Хотя,  у него мелькнула мысль, что пацан явно не в себе.
- Серьёзные значит люди, раз ты… решился на такое…- пробормотал Аркадий, не выдержав пристального взгляда расширенных зрачков этого  полуголого «цыплёнка».
- Взрослые и опасные, - чуть слышно прошептал Владик.
- Взрослые говоришь? – напряжённо потирал лоб Аркадий, боль всё не уходила, - Как же ты умудрился-то с ними связаться?
- Так получилось. Мы в карты играли после школы, а потом я занимал, чтобы играть в аппараты… Ну эти аппараты игральные, что возле  Универсама… Мы с Севкой уже не могли без этих аппаратов. Там много народу. Кто-то выигрывает. А  нам редко везёт. Но постоянно тянет к ним. Хочется выиграть большие деньги и показать им всем… Ну, или уехать куда-нибудь, где тепло и весело. А без денег что? Без денег  мы так и останемся никому не нужными.
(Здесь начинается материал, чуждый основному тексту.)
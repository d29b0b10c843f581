-- ===== src/RateLimit/Bucket.antt =====
-- The token bucket of services/rate_limit_service.py as a sequence of requests, and the loop of
-- `_consume_token` against it where no other client writes the key in between.
use llmops_gateway.Prelude.{
  ℕ, suc, ◌+◌, ◌-◌, ◌*◌, ◌≤◌, ◌≡◌, refl, ◌∙◌, ap, String, Bool, true, false, Option, none, some,
  List, [], ◌∷◌, ltb, leb, arith, ◌==◌, string_eq, eq_iff, sym, subst, if◌then◌else◌, Bool-cases,
  inl, inr,
}
use llmops_gateway.Errors.{Fraction, Result, ok}
use llmops_gateway.RateLimit.{
  token, BucketState, BucketStore, Verdict, allowed, limited, refilled, ttl_ms, consume_token,
}

abbrev pub fields : Option BucketState → Option ℕ × Option ℕ
fields none = (none, none)
fields (some b) = (some b.tokens, some b.last_refill_ms)

-- What one request does to the bucket, and whether it is admitted.
unfoldable pub take : ℕ → ℕ → ℕ → Option BucketState → Bool × BucketState
unfolding refilled
take limit cost now_ms b =
    let tokens = refilled limit now_ms (fields b) in
    if ltb tokens cost
    then (false, record { tokens = tokens; last_refill_ms = now_ms })
    else (true, record { tokens = tokens - cost; last_refill_ms = now_ms })

abbrev count_if : Bool → ℕ → ℕ
count_if true n = suc n
count_if false n = n

-- The number of requests admitted at the given times, and the bucket left.
pub serve : ℕ → ℕ → BucketState → List ℕ → ℕ × BucketState
serve limit cost b [] = (0, b)
serve limit cost b (now ∷ times) =
    let (admitted, b') = take limit cost now (some b) in
    let (more, last) = serve limit cost b' times in (count_if admitted more, last)

-- The clock does not go back.
abbrev pub Ordered : ℕ → List ℕ → Type 0
Ordered at [] = Unit
Ordered at (now ∷ times) = (at ≤ now) × Ordered now times

sub_mul : (a b c : ℕ) → b ≤ a → (a - b) * c + b * c ≡ a * c
sub_mul a b c h = grind arith

count_if_mul :
    (admitted : Bool) (n cost : ℕ)
    → count_if admitted n * cost ≡ count_if admitted 0 * cost + n * cost
count_if_mul true n cost = omega arith
count_if_mul false n cost = omega arith

take_budget :
    (limit cost now : ℕ) (b : BucketState)
    → b.last_refill_ms ≤ now
    → count_if (take limit cost now (some b)).0 0 * cost
        + (take limit cost now (some b)).1.tokens
        + b.last_refill_ms * limit
      ≤ b.tokens + (take limit cost now (some b)).1.last_refill_ms * limit
unfolding take
take_budget limit cost now b h = ground (arith, sub_mul now b.last_refill_ms limit h)

take_last :
    (limit cost now : ℕ) (b : BucketState) → (take limit cost now (some b)).1.last_refill_ms ≡ now
unfolding take
take_last limit cost now b = ground arith

-- While the clock does not go back, the cost of all admitted requests and the tokens left are at
-- most the tokens at the start and the refill over the time that passed.
pub serve_budget :
    (limit cost : ℕ) (b : BucketState) (times : List ℕ)
    → Ordered b.last_refill_ms times
    → (serve limit cost b times).0 * cost
        + (serve limit cost b times).1.tokens
        + b.last_refill_ms * limit
      ≤ b.tokens + (serve limit cost b times).1.last_refill_ms * limit
unfolding serve
serve_budget limit cost b [] h = omega arith
serve_budget limit cost b (now ∷ times) h = omega (
  arith,
  take_budget limit cost now b h.0,
  count_if_mul (take limit cost now (some b)).0
      (serve limit cost (take limit cost now (some b)).1 times).0 cost,
  serve_budget limit cost (take limit cost now (some b)).1 times
      (subst (λ at. Ordered at times) (sym (take_last limit cost now b)) h.1),
)

-- A refused request that costs no more than the capacity is admitted at a later time exactly when
-- the refill since then makes up for the missing tokens.
take_later :
    (limit cost now later : ℕ) (b : BucketState)
    → cost ≤ limit * token
    → (take limit cost now (some b)).0 ≡ false
    → now ≤ later
    → let left = (take limit cost now (some b)).1 in
      (take limit cost later (some left)).0 ≡ leb (cost - left.tokens) ((later - now) * limit)
unfolding take
take_later limit cost now later b h refused k = ground arith

-- A Redis in which nobody else writes the key: reads see `view`, writes change it, and no
-- transaction meets a `WatchError`.
pub record Serial {W : Type 0} (redis : BucketStore W) (view : W → String → Option BucketState)
    : Type 0 where
  pub watch : (k : String) (w : W) → (w' : W) × (redis.watch k w ≡ (ok tt, w')) × (view w' ≡ view w)
  pub unwatch : (w : W) → (w' : W) × (redis.unwatch w ≡ (ok tt, w')) × (view w' ≡ view w)
  pub hmget :
      (k : String) (w : W)
      → (w' : W) × (redis.hmget k w ≡ (ok (fields (view w k)), w')) × (view w' ≡ view w)
  pub execute :
      (k : String) (b : BucketState) (ttl : ℕ) (w : W)
      → (w' : W) × (redis.execute k b ttl w ≡ (ok true, w'))
        × ((j : String) → view w' j ≡ (if k == j then some b else view w j))
  pub hset :
      (k : String) (b : BucketState) (w : W)
      → (w' : W) × (redis.hset k b w ≡ (ok tt, w'))
        × ((j : String) → view w' j ≡ (if k == j then some b else view w j))
  pub pexpire :
      (k : String) (ttl : ℕ) (w : W)
      → (w' : W) × (redis.pexpire k ttl w ≡ (ok tt, w')) × (view w' ≡ view w)

abbrev pub is_allowed : Verdict → Bool
is_allowed allowed = true
is_allowed (limited after) = false

module _ {W : Type 0} (redis : BucketStore W) (view : W → String → Option BucketState)
    (serial : Serial redis view) where
  -- What the bucket answers: how long to wait where it refuses, in tokens per limit.
  abbrev verdict_of : ℕ → ℕ → Bool × BucketState → Verdict
  verdict_of limit cost (true, left) = allowed
  verdict_of limit cost (false, left) = limited (record { num = cost - left.tokens; den = limit })

  consume_token_run :
      (rounds : ℕ) (key : String) (limit now cost : ℕ) (w : W)
      → (w' : W) × (consume_token redis (suc rounds) key limit now cost w
          ≡ (ok (verdict_of limit cost (take limit cost now (view w key))), w'))
        × ((j : String)
            → view w' j
              ≡ (if key == j then some (take limit cost now (view w key)).1 else view w j))
  unfolding consume_token take
  consume_token_run rounds key limit now cost w =
      let (w1, e1, v1) = serial.watch key w in
      let (w2, e2, v2) = serial.hmget key w1 in
      let read : redis.hmget key w1 ≡ (ok (fields (view w key)), w2) = rw v1 at e2 in
      elim (Bool-cases (ltb (refilled limit now (fields (view w key))) cost)) [
        | inl short ↦
            let (w3, e3, v3) = serial.unwatch w2 in
            let b : BucketState = record {
              tokens = refilled limit now (fields (view w key));
              last_refill_ms = now;
            } in
            let (w4, e4, v4) = serial.hset key b w3 in
            let (w5, e5, v5) = serial.pexpire key ttl_ms w4 in
            (w5, ground arith, λ j. rw (v5, v4 j, v3, v2, v1, short, take))
        | inr enough ↦
            let b : BucketState = record {
              tokens = refilled limit now (fields (view w key)) - cost;
              last_refill_ms = now;
            } in
            let (w3, e3, v3) = serial.execute key b ttl_ms w2 in
            (w3, ground arith, λ j. rw (v3 j, v2, v1, enough, take))
      ]

  is_allowed-verdict_of :
      (limit cost : ℕ) (r : Bool × BucketState) → is_allowed (verdict_of limit cost r) ≡ r.0
  is_allowed-verdict_of limit cost (true, left) = refl
  is_allowed-verdict_of limit cost (false, left) = refl

  -- Where Redis answers and nobody else writes the key in between, the first round settles it: the
  -- answer is that of the bucket, which is written back, and no other key changes.
  pub consume_token-take :
      (rounds : ℕ) (key : String) (limit now cost : ℕ) (w : W)
      → (v : Verdict) × (w' : W) × (consume_token redis (suc rounds) key limit now cost w
          ≡ (ok v, w'))
        × (is_allowed v ≡ (take limit cost now (view w key)).0)
        × ((j : String)
            → view w' j
              ≡ (if key == j then some (take limit cost now (view w key)).1 else view w j))
  consume_token-take rounds key limit now cost w =
      let (w', e, written) = consume_token_run rounds key limit now cost w in
      (
        verdict_of limit cost (take limit cost now (view w key)),
        w',
        e,
        is_allowed-verdict_of limit cost (take limit cost now (view w key)),
        written,
      )

  told :
      (limit cost : ℕ) (r : Bool × BucketState) (f : Fraction)
      → verdict_of limit cost r ≡ limited f
      → (r.0 ≡ false) × (f ≡ record { num = cost - r.1.tokens; den = limit })
  told limit cost (true, left) f h = cc
  told limit cost (false, left) f h = (refl, cc)

  same_answer :
      {u v : Verdict} {x y : W}
      → ◌≡◌ {A = Result Verdict × W} (ok u, x) (ok v, y)
      → (u ≡ v) × (x ≡ y)
  same_answer h = (cc, cc)

  -- Where Redis answers and nobody else writes the key: a request that was told to wait, and that
  -- costs no more than the capacity, is admitted on a later call exactly when the time since the
  -- refusal is at least the fraction `num / den` that it was told.
  pub retry_after_exact :
      (rounds : ℕ) (key : String) (limit now later cost : ℕ) (b : BucketState) (f : Fraction)
      (w w' : W)
      → view w key ≡ some b
      → cost ≤ limit * token
      → now ≤ later
      → consume_token redis (suc rounds) key limit now cost w ≡ (ok (limited f), w')
      → (v : Verdict) × (w'' : W) × (consume_token redis (suc rounds) key limit later cost w'
          ≡ (ok v, w''))
        × (is_allowed v ≡ leb f.num ((later - now) * f.den))
  retry_after_exact rounds key limit now later cost b f w w' there fits ordered refused =
      let (w1, e1, written) = consume_token_run rounds key limit now cost w in
      let (answer, same) = same_answer (sym e1 ∙ refused) in
      let (short, wait) = told limit cost (take limit cost now (view w key)) f answer in
      let left = (take limit cost now (some b)).1 in
      let kept : view w' key ≡ some left =
        ap (λ v. view v key) (sym same) ∙ written key ∙ ground (arith, eq_iff key key, there) in
      let (w2, e2, _) = consume_token_run rounds key limit later cost w' in
      (
        verdict_of limit cost (take limit cost later (view w' key)),
        w2,
        e2,
        is_allowed-verdict_of limit cost (take limit cost later (view w' key))
            ∙ rw kept (
                take_later limit cost now later b fits (rw there at short) ordered
                ∙ rw (wait, there)),
      )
Никто никому не нужен без денег…
 Голос мальчишки  становился всё тише, спокойнее, и всхлипы совсем утихли, перестали перебивать его слова.
 Конечно, Аркадий, как и любой в городе знал и видел эти игральные аппараты, эти уродливые металлические шкафы, торчащие прямо посреди площадей и парков. И, как все горожане, он слышал, как там играют и проигрываются мелкие торговцы, бродяги, работяги пристрастившиеся к этой заразе, и даже пенсионеры. О стариках рассказывали особенно много легенд. Говорили как-то об одном почти семидесятилетнем старике,  повесившемся  дома на полотенцесушителе, после того,  как  спустил в этих аппаратах очередную пенсию. Болтали о предсмертной записке. Кроме проклятий и ругательств, старик писал, что больше не может питаться отходами из мусорных баков.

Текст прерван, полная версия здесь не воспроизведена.